Flaherty dépose son projet de loi qui irrite le Québec

Le ministre fédéral des Finances, Jim Flaherty, a déposé hier son projet de loi pour créer une commission nationale des valeurs mobilières. Son homologue québécois, Raymond Bachand, s’est empressé de dénoncer ce qu’il considère être une intrusion du gouvernement central dans les affaires des provinces.
Photo : Agence Reuters Blair Gable
Le ministre fédéral des Finances, Jim Flaherty, a déposé hier son projet de loi pour créer une commission nationale des valeurs mobilières. Son homologue québécois, Raymond Bachand, s’est empressé de dénoncer ce qu’il considère être une intrusion du gouvernement central dans les affaires des provinces.
Pendant que le gouvernement Harper en était hier à présenter son projet de loi sur une commission nationale des valeurs mobilières qui remplacerait ni plus ni moins les agences provinciales par un régime canadien, Québec évoquait rien de moins qu'une «invasion» du fédéral dans un de ses champs de compétence.

Insistant sur ce qu'il dit être un besoin pressant d'unifier l'encadrement des marchés financiers, le ministre fédéral des Finances, Jim Flaherty, a levé le rideau sur un projet devenu pour lui une affaire personnelle.

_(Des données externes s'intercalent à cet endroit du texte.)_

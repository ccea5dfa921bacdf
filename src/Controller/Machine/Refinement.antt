-- ===== src/Controller/Machine/Refinement.antt =====
-- The flags implement the phases.
use smart_window.Common.{◌≡◌, refl, Bool, true, false, if◌then◌else◌, arith, ap, ◌∙◌}
use smart_window.Controller.Readings.{Readings}
use smart_window.Controller.Alarms.{Alarms}
use smart_window.Controller.Machine.{Flags, Tests, transition_0, advance}
use smart_window.Controller.Machine.Phase.{
  humidity, temperature, air_quality, all, Stage, waiting, Phase, starting, idle, at, encode, tests,
  from, from_idle, from_ends, next,
}
use smart_window.Controller.Machine.Stages.{apply, pass, apply-encode}

advance-apply :
    (r : Readings) (a : Alarms) (f : Flags)
    → advance r a f
      ≡ apply all (tests all r a) (
          apply air_quality (tests air_quality r a) (
            apply temperature
              (tests temperature r a)
              (apply humidity (tests humidity r a) (transition_0 r f))))
unfolding advance apply tests
advance-apply r a f = refl

-- The transition out of `init`.
begin : Readings → Phase → Phase
begin r starting = if r.win_open then starting else idle
begin r ph = ph

transition_0-encode : (r : Readings) (ph : Phase) → transition_0 r (encode ph) ≡ encode (begin r ph)
unfolding transition_0 begin
transition_0-encode r starting = ground arith
transition_0-encode r idle = refl
transition_0-encode r (at humidity st) = refl
transition_0-encode r (at temperature st) = refl
transition_0-encode r (at air_quality st) = refl
transition_0-encode r (at all st) = refl

passes : Readings → Alarms → Phase → Phase
unfolding pass
passes r a ph = pass all (tests all r a) (
    pass air_quality (tests air_quality r a)
      (pass temperature (tests temperature r a) (pass humidity (tests humidity r a) ph)))

advance-passes :
    (r : Readings) (a : Alarms) (ph : Phase)
    → advance r a (encode ph) ≡ encode (passes r a (begin r ph))
unfolding passes
advance-passes r a ph = rw (
  advance-apply,
  transition_0-encode,
  apply-encode humidity,
  apply-encode temperature,
  apply-encode air_quality,
  apply-encode all,
)

-- The later priorities leave the end of an earlier one alone.
after_humidity :
    (r : Readings) (a : Alarms) (st : Stage) (t : Tests)
    → pass all (tests all r a) (
        pass air_quality
          (tests air_quality r a)
          (pass temperature (tests temperature r a) (from st humidity t)))
      ≡ from st humidity t
unfolding pass
after_humidity r a st t =
    from_ends
      (λ ph.
        pass all (tests all r a)
          (pass air_quality (tests air_quality r a) (pass temperature (tests temperature r a) ph))
        ≡ ph)
      humidity st t refl (λ st'. refl)

after_temperature :
    (r : Readings) (a : Alarms) (st : Stage) (t : Tests)
    → pass all (tests all r a) (pass air_quality (tests air_quality r a) (from st temperature t))
      ≡ from st temperature t
unfolding pass
after_temperature r a st t =
    from_ends (λ ph. pass all (tests all r a) (pass air_quality (tests air_quality r a) ph) ≡ ph)
      temperature st t refl (λ st'. refl)

after_air_quality :
    (r : Readings) (a : Alarms) (st : Stage) (t : Tests)
    → pass all (tests all r a) (from st air_quality t) ≡ from st air_quality t
unfolding pass
after_air_quality r a st t =
    from_ends (λ ph. pass all (tests all r a) ph ≡ ph) air_quality st t refl (λ st'. refl)

-- A function that keeps one branch and takes the other to `z`.
through :
    (f : Phase → Phase) (b : Bool) (x y z : Phase)
    → f x ≡ x
    → f y ≡ z
    → f (if b then x else y) ≡ (if b then x else z)
through f true x y z hx hy = hx
through f false x y z hx hy = hy

passes-idle : (r : Readings) (a : Alarms) → passes r a idle ≡ from_idle r a
unfolding passes pass
passes-idle r a =
    let t₁ = tests humidity r a in
    let t₂ = tests temperature r a in
    let t₃ = tests air_quality r a in
    let t₄ = tests all r a in
    through (λ ph. pass all t₄ (pass air_quality t₃ (pass temperature t₂ ph))) t₁.chosen _ idle _
      (after_humidity r a waiting t₁)
      (through (λ ph. pass all t₄ (pass air_quality t₃ ph)) t₂.chosen _ idle _
        (after_temperature r a waiting t₂)
        (through (pass all t₄) t₃.chosen _ idle _ (after_air_quality r a waiting t₃) refl))

passes-next : (r : Readings) (a : Alarms) (ph : Phase) → passes r a (begin r ph) ≡ next r a ph
unfolding passes begin next pass
passes-next r a idle = passes-idle r a
passes-next r a starting = through (passes r a) r.win_open starting idle _ refl (passes-idle r a)
passes-next r a (at humidity st) = after_humidity r a st (tests humidity r a)
passes-next r a (at temperature st) = after_temperature r a st (tests temperature r a)
passes-next r a (at air_quality st) = after_air_quality r a st (tests air_quality r a)
passes-next r a (at all st) = refl

-- A round of the flags is a round of the phases.
pub advance-encode :
    (r : Readings) (a : Alarms) (ph : Phase) → advance r a (encode ph) ≡ encode (next r a ph)
advance-encode r a ph = advance-passes r a ph ∙ ap encode (passes-next r a ph)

D'ici 2012, il donnerait naissance à l'Autorité canadienne de réglementation des valeurs mobilières (ACRVM) et au Tribunal canadien des valeurs mobilières.

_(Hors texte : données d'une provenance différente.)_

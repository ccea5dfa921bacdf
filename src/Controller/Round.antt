-- ===== src/Controller/Round.antt =====
-- One round of `decisionLoop` (RaspberryPi/Window_Controller/main_controller.cpp, lines 315 to 793):
-- what it does to the variables that live across rounds, and its effects in order.
pub mod Reached
pub mod Commands
pub mod Outcomes
pub mod Settling
pub mod Loop
pub mod History
pub mod Storing
use smart_window.Common.{
  ℕ, zero, suc, Bool, true, false, if◌then◌else◌, Option, none, some, Bytes, codes, List, [], ◌∷◌,
  ◌++◌, map,
}
use smart_window.Common.Int.{ℤ}
use smart_window.Common.Outcome.{M, pure, ◌>>=◌, ◌>>◌}
use smart_window.Controller.Readings.{Readings, read_readings}
use smart_window.Controller.Alarms.{Alarms, Row, no_alarms, derive, update_alarms, state_rows}
use smart_window.Controller.Machine.{Flags, initial, advance, asks_open, asks_close}

pub record Controller : Type 0 where
  pub alarms : Alarms
  pub flags : Flags

unfoldable pub start : Controller
unfolding no_alarms initial
start = record { alarms = no_alarms; flags = initial }

-- `sends` goes to the multicast address.
pub data Effect : Type 0 where
  writes : Row → Effect
  sends : Bytes → Effect
  sleeps : ℕ → Effect

-- The assignments.
unfoldable pub commands : Flags → List Effect
unfolding asks_open asks_close
commands f =
    (if asks_open f then sends (codes "PUT_Win/Open") ∷ sleeps 5 ∷ [] else [])
    ++ (if asks_close f then sends (codes "PUT_Win/Close") ∷ sleeps 5 ∷ [] else [])

-- `none` is a signed overflow.
unfoldable pub round : Readings → Controller → Option (Controller × List Effect)
round r c = elim (derive r) [
  | none ↦ none
  | some d ↦
      let a = update_alarms r d c.alarms in
      let f = advance r a c.flags in
      some (
        record { alarms = a; flags = f },
        map writes (state_rows r a) ++ (commands f ++ sleeps 5 ∷ []),
      )
]

-- The round in the world: `get_bool`, `get_int` and `write` are the functions of write_read.cpp on the
-- thread's handle and on handles of their own, `send` is `sw_send` to the multicast address.
module _ {W : Type 0} (get_bool : Bytes → M W Bool) (get_int : Bytes → M W ℤ)
    (write : Row → M W (Unit {0})) (send : Bytes → M W (Unit {0}))
    (sleep : ℕ → M W (Unit {0})) where
  unfoldable pub perform : List Effect → M W (Unit {0})
  perform [] = pure tt
  perform (writes row ∷ es) = write row >> perform es
  perform (sends text ∷ es) = send text >> perform es
  perform (sleeps n ∷ es) = sleep n >> perform es

  unfoldable pub decision_round : Controller → M W Controller
  unfolding round perform read_readings
  decision_round c = do
    r ← read_readings get_bool get_int
    (c', effects) ← λ w. elim (round r c) [ none ↦ none | some result ↦ some (result, w) ]
    perform effects
    pure c'

  -- The loop, for a number of rounds.
  unfoldable pub decision_loop : ℕ → Controller → M W Controller
  unfolding decision_round
  decision_loop zero c = pure c
  decision_loop (suc n) c = decision_round c >>= decision_loop n
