-- ===== src/Messages.antt =====
-- The text messages of the controller (RaspberryPi/Window_Controller/main_controller.cpp, lines 890 to
-- 977): splitting and joining C strings.
pub mod Tokens
pub mod Words
use smart_window.Common.{
  ℕ, zero, suc, ◌+◌, ◌*◌, Bool, true, false, ◌==◌, if◌then◌else◌, Option, none, some, Bytes, codes,
  List, [], ◌∷◌, ◌++◌, length,
}
use smart_window.Common.Int.{ℤ, pos, negsuc}

infixl 5 ◌>>=◌
abbrev ◌>>=◌ {ℓ κ} : {A : Type ℓ} {B : Type κ} → Option A → (A → Option B) → Option B
none >>= f = none
some a >>= f = f a

-- A `char *`; `none` is the null pointer.
abbrev pub Pointer : Type 0
Pointer = Option Bytes

-- strtok with one delimiter: the delimiters before the word are skipped, and the one behind it is
-- taken away.
pub skip : ℕ → Bytes → Bytes
skip d [] = []
skip d (c ∷ s) = elim (c == d) [ true ↦ skip d s | false ↦ c ∷ s ]

pub word : ℕ → Bytes → Bytes × Bytes
word d [] = ([], [])
word d (c ∷ s) = let (w, rest) = word d s in if c == d then ([], s) else (c ∷ w, rest)

word_of : ℕ → Bytes → Option (Bytes × Bytes)
unfolding word
word_of d [] = none
word_of d (c ∷ s) = some (word d (c ∷ s))

unfoldable pub strtok : ℕ → Bytes → Option (Bytes × Bytes)
unfolding skip word_of
strtok d s = word_of d (skip d s)

-- What `splitString` returns, and the array that it leaves behind: none of it if the array is null.
pub record Split : Type 0 where
  pub count : ℤ
  pub parts : Option (List Bytes)

-- `alloc` tells of each number of bytes whether `realloc` and `malloc` give them. Pointers have
-- four bytes on the target. Outer `none` is undefined behaviour.
module _ (alloc : ℕ → Bool) where
  -- The loop, with the words found so far; it is given more fuel than the text has bytes.
  unfoldable pub split_loop : ℕ → ℕ → Bytes → List Bytes → Option Split
  split_loop zero d s words = none
  split_loop (suc fuel) d s words = elim (strtok d s) [
    | none ↦
        -- The final `realloc` is not checked before the null entry is written.
        if alloc (4 * (length words + 1))
        then some (record { count = pos (length words); parts = some words })
        else none
    | some (w, rest) ↦
        if alloc (4 * (length words + 1))
        then split_loop fuel d rest (words ++ w ∷ [])
        else some (record { count = negsuc 0; parts = none })
  ]

  unfoldable pub split_string : Bytes → ℕ → Option Split
  split_string s d = split_loop (suc (length s)) d s []

  unfoldable pub concat : Pointer → Pointer → Option Pointer
  concat (some s1) (some s2) =
      some (if alloc (length s1 + length s2 + 1) then some (s1 ++ s2) else none)
  concat _ _ = none

  unfoldable pub table_name : Pointer → Pointer → Option Pointer
  table_name sensor suffix = do sensor' ← concat sensor (some (codes "_")); concat sensor' suffix

  unfoldable pub put_command : Pointer → Pointer → Pointer → Option Pointer
  put_command sensor position value = do
    cmd_sep ← concat (some (codes "PUT")) (some (codes "_"))
    table ← table_name sensor position
    pre_value ← concat cmd_sep table
    sepval ← concat (some (codes "/")) value
    concat pre_value sepval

Tel que prévu, Ottawa fera de l'ACRVM un régime auquel les provinces pourront adhérer de façon volontaire et qui sera entièrement autofinancé par un système de cotisations auprès de l'industrie financière. Si Québec n'y adhère pas, les entreprises d'ici continueront d'être encadrées par l'Autorité des marchés financiers (AMF).

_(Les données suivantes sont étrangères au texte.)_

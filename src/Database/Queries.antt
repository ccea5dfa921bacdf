-- ===== src/Database/Queries.antt =====
-- The query texts (RaspberryPi/Window_Controller/write_read.cpp, lines 55 to 58, 78 to 84 and 270 to
-- 293), and the conversion of a value to `int`.
use smart_window.Common.{
  ℕ, ◌+◌, ◌-◌, ◌*◌, Bool, true, false, ◌&&◌, ◌||◌, ltb, leb, ◌==◌, if◌then◌else◌, Option, none,
  some, Bytes, codes, [], ◌∷◌, ◌++◌, length,
}
use smart_window.Common.Int.{ℤ, pos, to_int, sub_ℕ}

-- BUF
abbrev pub buf_size : ℕ
buf_size = 255

infixl 5 ◌>>=◌
abbrev ◌>>=◌ {ℓ κ} : {A : Type ℓ} {B : Type κ} → Option A → (A → Option B) → Option B
none >>= f = none
some a >>= f = f a

-- strcat on a buffer of BUF bytes: `none` if the text and its terminator do not fit.
unfoldable pub strcat : Bytes → Bytes → Option Bytes
strcat buf s = if ltb (length (buf ++ s)) buf_size then some (buf ++ s) else none

unfoldable pub max_id_query : Bytes → Option Bytes
max_id_query table = strcat (codes "SELECT MAX(id) AS id FROM ") table

unfoldable pub value_query : Bytes → Bytes → Option Bytes
value_query table max_id = do
  buf ← strcat (codes "SELECT Wert FROM ") table
  buf' ← strcat buf (codes " WHERE ID=")
  strcat buf' max_id

unfoldable pub insert_query : Bytes → Bytes → Option Bytes
insert_query table value = do
  buf₁ ← strcat (codes "INSERT INTO ") table
  buf₂ ← strcat buf₁ (codes " (")
  buf₃ ← strcat buf₂ (codes "Zeitstempel")
  buf₄ ← strcat buf₃ (codes ", ")
  buf₅ ← strcat buf₄ (codes "Wert")
  buf₆ ← strcat buf₅ (codes ") VALUES (")
  buf₇ ← strcat buf₆ (codes "NOW()")
  buf₈ ← strcat buf₇ (codes ", ")
  buf₉ ← strcat buf₈ value
  strcat buf₉ (codes ");")

-- atoi: white space, a sign, digits; `none` if the number does not fit.
is_space : ℕ → Bool
is_space c = c == b' ' || (leb 9 c && leb c 13)

is_digit : ℕ → Bool
is_digit c = leb b'0' c && leb c b'9'

digits : Bytes → ℕ → ℕ
unfolding is_digit
digits [] n = n
digits (c ∷ s) n = elim (is_digit c) [ true ↦ digits s (n * 10 + (c - b'0')) | false ↦ n ]

signed : Bytes → ℤ
unfolding digits
signed [] = pos 0
signed (c ∷ s) =
    if c == b'-'
    then sub_ℕ 0 (digits s 0)
    else if c == b'+'
    then pos (digits s 0)
    else pos (digits (c ∷ s) 0)

trim : Bytes → Bytes
unfolding is_space
trim [] = []
trim (c ∷ s) = elim (is_space c) [ true ↦ trim s | false ↦ c ∷ s ]

unfoldable pub atoi : Bytes → Option ℤ
unfolding signed trim to_int
atoi s = to_int (signed (trim s))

La proposition fédérale met la table à un nouvel affrontement politique, car, en vertu de l'article 92 de la Constitution canadienne, le domaine des valeurs mobilières est de compétence provinciale. Le ministre Flaherty est cependant convaincu que les juges de la Cour suprême, auxquels il devait envoyer le projet de loi hier, lui donneront raison.

«C'est un système volontaire, a affirmé le ministre Flaherty en conférence de presse à Ottawa. Quelques provinces et territoires ont décidé de participer avec le gouvernement fédéral à ce sujet. J'espère que le gouvernement du Québec va décider la même chose à l'avenir.»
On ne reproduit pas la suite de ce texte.